1. What is required in order for a student to pass a lesson?
A student must score 70% or higher on the post-quiz in order to pass a lesson. If Allow Test-Out is checked in the Pathway Options, students who score 80% or higher on the pre-quiz also receive credit for passing that lesson.
2. What is a good pass rate for students?
Overall, a student should strive to pass 30 lessons throughout the course of the year while maintaining at least a 70% pass rate on their grade-level lessons in their assigned pathway.
3. What happens if a student fails a lesson?
When a student fails a lesson, they will be prompted to complete a remediation lesson if one is available. Upon successful completion of the remediation lesson, the student will then retake the previously failed lesson. In the event that no remediation lesson was available, the student will retake the failed lesson immediately.
If a student is unable to pass the retake lesson on their second try, the lesson will appear at bottom of the pathway for a third attempt later and the student will move on to the next concept in their pathway.
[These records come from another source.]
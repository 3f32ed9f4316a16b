-- ===== src/Dunning.antt =====
-- The recovery of failed payments (`DunningService` of
-- app/modules/reporting/domain/billing/dunning_service.py, with `TenantSubscription` of
-- paystack_billing.py beside it). The table of subscriptions is a dictionary by identifier. A
-- charge is given by how `charge_renewal` ended; the emails are taken not to matter and are left
-- out.
use cloud_sentinel_ai.Base.{
  ℕ, zero, suc, ◌+◌, ◌-◌, Instant, days, Bool, true, false, Option, none, some, List, [], ◌∷◌, leb,
  if◌then◌else◌, length,
}
use cloud_sentinel_ai.Base.Dict.{Dict, get, put}
use cloud_sentinel_ai.Jobs.{JobType, Payload, subscription_attempt, BackgroundJob, enqueue_job}
use cloud_sentinel_ai.Tiers.{PricingTier, trial}
pub mod History
pub mod Recovery
mod Samples

pub data SubscriptionStatus : Type 0 where
  active non_renewing attention completed cancelled : SubscriptionStatus

pub record TenantSubscription : Type 0 where
  pub id : ℕ
  pub tenant_id : ℕ
  pub paystack_customer_code : Option ℕ
  pub paystack_subscription_code : Option ℕ
  pub paystack_email_token : Option ℕ
  pub paystack_auth_code : Option ℕ
  pub tier : PricingTier
  pub status : SubscriptionStatus
  pub next_payment_date : Option Instant
  pub canceled_at : Option Instant
  pub dunning_attempts : ℕ
  pub last_dunning_at : Option Instant
  pub dunning_next_retry_at : Option Instant

pub record Store : Type 0 where
  pub subscriptions : Dict TenantSubscription
  pub jobs : List BackgroundJob

-- The readings of the clock in one call, and the identifier of the job that it may enqueue.
pub record Clock : Type 0 where
  pub charged_at : Instant
  pub now : Instant
  pub enqueued_at : Instant
  pub canceled_at : Instant
  pub job_id : ℕ

pub data Answer : Type 0 where
  not_found reactivated downgraded : Answer
  scheduled_retry : ℕ → Instant → Answer

abbrev pub dunning_retry_schedule_days : List ℕ
dunning_retry_schedule_days = 1 ∷ 3 ∷ 7 ∷ []

abbrev pub dunning_max_attempts : ℕ
dunning_max_attempts = 3

-- `xs[min(n, len(xs) - 1)]`
abbrev pub get_or_last : ℕ → List ℕ → ℕ
get_or_last n [] = 0
get_or_last n (x ∷ []) = x
get_or_last zero (x ∷ _ ∷ _) = x
get_or_last (suc n) (_ ∷ y ∷ rest) = get_or_last n (y ∷ rest)

unfoldable pub retry_delay_days : ℕ → ℕ
retry_delay_days attempt = get_or_last (attempt - 1) dunning_retry_schedule_days

-- The counted failure.
unfoldable pub attempted : Clock → TenantSubscription → TenantSubscription
attempted c sub = record sub {
  dunning_attempts = sub.dunning_attempts + 1;
  last_dunning_at = some c.now;
  status = attention;
}

-- `_handle_final_failure`
unfoldable pub handle_final_failure : Clock → TenantSubscription → TenantSubscription
handle_final_failure c sub = record sub {
  status = cancelled;
  tier = trial;
  canceled_at = some c.canceled_at;
  dunning_next_retry_at = none;
}

unfoldable pub next_retry : Clock → TenantSubscription → Instant
unfolding retry_delay_days
next_retry c sub = c.now + days (retry_delay_days sub.dunning_attempts)

-- The part of `process_failed_payment` after the count: the end, or another attempt and its job.
unfoldable pub schedule_or_end : Clock → TenantSubscription → Store → Answer × Store
schedule_or_end c sub s =
    if leb dunning_max_attempts sub.dunning_attempts
    then (
      downgraded,
      record s { subscriptions = put sub.id (handle_final_failure c sub) s.subscriptions },
    )
    else (
      scheduled_retry sub.dunning_attempts (next_retry c sub),
      record {
        subscriptions =
            put sub.id (record sub { dunning_next_retry_at = some (next_retry c sub) })
              s.subscriptions;
        jobs =
            (enqueue_job c.job_id c.enqueued_at JobType.dunning (some sub.tenant_id)
              (some (subscription_attempt sub.id (sub.dunning_attempts + 1)))
              (some (next_retry c sub)) 3 s.jobs).1;
      },
    )

abbrev pub failed_in : Clock → Option TenantSubscription → Store → Answer × Store
failed_in c none s = (not_found, s)
failed_in c (some sub) s = schedule_or_end c (attempted c sub) s

unfoldable pub process_failed_payment : Clock → ℕ → Store → Answer × Store
process_failed_payment c id s = failed_in c (get id s.subscriptions) s

-- How `charge_renewal` ended.
pub data Charge : Type 0 where
  charged declined raised : Charge

-- A renewal that was charged: the next payment in 30 days, and `_handle_retry_success`.
unfoldable pub handle_retry_success : Clock → TenantSubscription → TenantSubscription
handle_retry_success c sub = record sub {
  next_payment_date = some (c.charged_at + days 30);
  status = active;
  dunning_attempts = 0;
  last_dunning_at = none;
  dunning_next_retry_at = none;
}

abbrev pub retry_in : Clock → Charge → Option TenantSubscription → Store → Answer × Store
retry_in c how none s = (not_found, s)
retry_in c charged (some sub) s = (
  reactivated,
  record s { subscriptions = put sub.id (handle_retry_success c sub) s.subscriptions },
)
retry_in c declined (some sub) s = process_failed_payment c sub.id s
retry_in c raised (some sub) s = process_failed_payment c sub.id s

unfoldable pub retry_payment : Clock → Charge → ℕ → Store → Answer × Store
retry_payment c how id s = retry_in c how (get id s.subscriptions) s
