-- ===== src/Paystack.antt =====
-- The handling of payment events (`WebhookHandler` of
-- app/modules/reporting/domain/billing/paystack_billing.py) on the subscriptions that the recovery of
-- failed payments works on. A handler commits once, at its end; one that raises changes nothing.
use cloud_sentinel_ai.Base.{
  ℕ, Instant, Bool, true, false, Option, none, some, List, [], ◌∷◌, ◌==◌, if◌then◌else◌, keep,
  Found, nothing, one, several, scalar_one_or_none,
}
use cloud_sentinel_ai.Base.Dict.{Dict, put, values}
use cloud_sentinel_ai.Base.Text.{Text, codes, same_text}
use cloud_sentinel_ai.Events.{WebhookData, PaymentEvent}
use cloud_sentinel_ai.Tiers.{PricingTier, trial}
use cloud_sentinel_ai.Dunning.{
  SubscriptionStatus, active, cancelled, TenantSubscription, Store, Clock, process_failed_payment,
}
pub mod Delivery
pub mod Charges
mod Samples

-- The columns of a user that the email lookup reads.
pub record User : Type 0 where
  pub email_bidx : ℕ
  pub tenant_id : ℕ

-- The libraries, the cryptography of app/shared/core/security.py with its keys configured, the
-- configuration, and the users.
pub record Environment : Type 0 where
  pub parse_uuid : ℕ → Option ℕ
  pub parse_date : ℕ → Option Instant
  pub generate_blind_index : ℕ → ℕ
  pub encrypt_string : ℕ → ℕ
  pub hmac_sha512 : Text → Text → Text
  pub parse_json : Text → Option PaymentEvent
  pub secret_key : Text
  pub users : List User

-- A call of a handler: its clock, and the identifier that `uuid4` draws in it.
pub record Call : Type 0 where
  pub clock : Clock
  pub new_id : ℕ

pub data Outcome : Type 0 where
  done : Store → Outcome
  raised : Outcome

abbrev pub is : ℕ → Option ℕ → Bool
is n none = false
is n (some m) = n == m

abbrev pub has_customer : ℕ → TenantSubscription → Bool
has_customer code sub = is code sub.paystack_customer_code

abbrev pub has_code : ℕ → TenantSubscription → Bool
has_code code sub = is code sub.paystack_subscription_code

abbrev pub of_tenant : ℕ → TenantSubscription → Bool
of_tenant tenant sub = sub.tenant_id == tenant

-- The query for a subscription, ended by `scalar_one_or_none`.
unfoldable pub find : (TenantSubscription → Bool) → Store → Found TenantSubscription
find p s = scalar_one_or_none (keep p (values s.subscriptions))

abbrev pub save : TenantSubscription → Store → Store
save sub s = record s { subscriptions = put sub.id sub s.subscriptions }

-- `x or y`, for an optional value and for another that replaces it.
abbrev pub or_else : Option ℕ → Option ℕ → Option ℕ
or_else none y = y
or_else (some x) y = some x

abbrev pub date_or : (ℕ → Option Instant) → Option ℕ → Option Instant → Option Instant
date_or parse none old = old
date_or parse (some text) old = elim (parse text) [ none ↦ old | some date ↦ some date ]

unfoldable pub with_codes : Environment → WebhookData → TenantSubscription → TenantSubscription
with_codes env d sub = record sub {
  paystack_subscription_code = or_else d.subscription_code sub.paystack_subscription_code;
  paystack_email_token = or_else d.email_token sub.paystack_email_token;
  next_payment_date = date_or env.parse_date d.next_payment_date sub.next_payment_date;
  status = active;
}

abbrev pub change_found :
    (TenantSubscription → TenantSubscription) → Found TenantSubscription → Store → Outcome
change_found f nothing s = done s
change_found f (one sub) s = done (save (f sub) s)
change_found f several s = raised

unfoldable pub handle_subscription_create : Environment → WebhookData → Store → Outcome
unfolding find with_codes
handle_subscription_create env d s = elim d.customer_code [
  | none ↦ done s
  | some code ↦ change_found (with_codes env d) (find (has_customer code) s) s
]

-- The tenant of a charge: from the metadata, or else by the customer's email.
unfoldable pub tenant_by_email : Environment → Option ℕ → Found ℕ
tenant_by_email env none = nothing
tenant_by_email env (some email) =
    elim (scalar_one_or_none
      (keep (λ u. u.email_bidx == env.generate_blind_index email) env.users)) [
        | nothing ↦ nothing
        | one user ↦ one user.tenant_id
        | several ↦ several
      ]

abbrev pub parsed : (ℕ → Option ℕ) → Option ℕ → Option ℕ
parsed parse none = none
parsed parse (some text) = parse text

unfoldable pub tenant_of : Environment → WebhookData → Found ℕ
unfolding tenant_by_email
tenant_of env d = elim (parsed env.parse_uuid d.metadata_tenant_id) [
  | some tenant ↦ one tenant
  | none ↦ tenant_by_email env d.customer_email
]

-- A new row, with the columns' defaults.
unfoldable pub new_subscription : ℕ → ℕ → TenantSubscription
new_subscription id tenant = record {
  id = id;
  tenant_id = tenant;
  paystack_customer_code = none;
  paystack_subscription_code = none;
  paystack_email_token = none;
  paystack_auth_code = none;
  tier = trial;
  status = active;
  next_payment_date = none;
  canceled_at = none;
  dunning_attempts = 0;
  last_dunning_at = none;
  dunning_next_retry_at = none;
}

abbrev pub tier_or : Option PricingTier → PricingTier → PricingTier
tier_or none old = old
tier_or (some tier) old = tier

abbrev pub encrypted : (ℕ → ℕ) → Option ℕ → Option ℕ → Option ℕ
encrypted encrypt none old = old
encrypted encrypt (some code) old = some (encrypt code)

unfoldable pub activated : Environment → WebhookData → TenantSubscription → TenantSubscription
activated env d sub = record sub {
  paystack_customer_code = d.customer_code;
  paystack_auth_code = encrypted env.encrypt_string d.authorization_code sub.paystack_auth_code;
  tier = tier_or d.metadata_tier sub.tier;
  status = active;
}

-- The subscription payment of a tenant.
unfoldable pub activate_tenant : Environment → ℕ → WebhookData → ℕ → Store → Outcome
unfolding find activated new_subscription
activate_tenant env new_id d tenant s = elim (find (of_tenant tenant) s) [
  | nothing ↦ done (save (activated env d (new_subscription new_id tenant)) s)
  | one sub ↦ done (save (activated env d sub) s)
  | several ↦ raised
]

unfoldable pub handle_charge_success : Environment → ℕ → WebhookData → Store → Outcome
unfolding tenant_of activate_tenant
handle_charge_success env new_id d s = elim (tenant_of env d) [
  | nothing ↦ done s
  | one tenant ↦ if d.has_plan then activate_tenant env new_id d tenant s else done s
  | several ↦ raised
]

abbrev pub disabled : Instant → TenantSubscription → TenantSubscription
disabled now sub = record sub { status = cancelled; canceled_at = some now }

unfoldable pub handle_subscription_disable : Instant → WebhookData → Store → Outcome
unfolding find
handle_subscription_disable now d s = elim d.subscription_code [
  | none ↦ done s
  | some code ↦ change_found (disabled now) (find (has_code code) s) s
]

abbrev pub fail_found : Clock → Found TenantSubscription → Store → Outcome
fail_found c nothing s = done s
fail_found c (one sub) s = done (process_failed_payment c sub.id s).1
fail_found c several s = raised

unfoldable pub handle_invoice_failed : Clock → WebhookData → Store → Outcome
unfolding find
handle_invoice_failed c d s = elim d.subscription_code [
  | none ↦ done s
  | some code ↦ fail_found c (find (has_code code) s) s
]

abbrev pub Handler : Type 0
Handler = Environment → Call → WebhookData → Store → Outcome

-- The dictionary of the handlers, in `handle`.
abbrev pub handlers : List (Text × Handler)
handlers =
    (codes "subscription.create", λ env c d s. handle_subscription_create env d s)
    ∷ (
      codes "subscription.disable",
      λ env c d s. handle_subscription_disable c.clock.canceled_at d s,
    )
    ∷ (codes "charge.success", λ env c d s. handle_charge_success env c.new_id d s)
    ∷ (codes "invoice.payment_failed", λ env c d s. handle_invoice_failed c.clock d s)
    ∷ []

abbrev pub get_handler : Text → List (Text × Handler) → Option Handler
get_handler event [] = none
get_handler event ((name, h) ∷ rest) =
    if same_text name event then some h else get_handler event rest

abbrev pub run_handler : Option Handler → Environment → Call → WebhookData → Store → Outcome
run_handler none env c d s = done s
run_handler (some h) env c d s = h env c d s

-- What `handle` does with an event once it is verified and parsed.
unfoldable pub dispatch : Environment → Call → PaymentEvent → Store → Outcome
dispatch env c e s = elim e.event [
  | none ↦ done s
  | some event ↦ run_handler (get_handler event handlers) env c e.data_ s
]

-- A signature or a key that is empty is none.
unfoldable pub verify_signature : Environment → Text → Text → Bool
unfolding same_text
verify_signature env payload [] = false
verify_signature env payload (x ∷ signature) = elim env.secret_key [
  | [] ↦ false
  | k ∷ key ↦ same_text (env.hmac_sha512 (k ∷ key) payload) (x ∷ signature)
]

pub data Handling : Type 0 where
  unauthorized invalid_json failed : Handling
  success : Store → Handling

abbrev pub handling_of : Outcome → Handling
handling_of (done s) = success s
handling_of raised = failed

unfoldable pub handle : Environment → Call → Text → Text → Store → Handling
unfolding verify_signature dispatch
handle env c payload signature s =
    if verify_signature env payload signature
    then elim (env.parse_json payload) [
      | none ↦ invalid_json
      | some e ↦ handling_of (dispatch env c e s)
    ]
    else unauthorized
If a student is unable to pass the lesson on a third attempt, the lesson will not be seen again in the current pathway enrollment in order to prevent student frustration. At this point, the teacher should intervene and provide one-on-one attention to help the student understand the concept(s) with which they are struggling.
4. Why is my student skipping lessons and taking only pre-quizzes?
If Allow Test-Out is checked in the Pathway Options, Imagine Math's adaptive logic allows students to "test out" of lessons if they score 80% or higher on the pre-quiz at the beginning of the lesson. That lesson will be marked as "passed" and the student then advances to the next lesson's pre-quiz.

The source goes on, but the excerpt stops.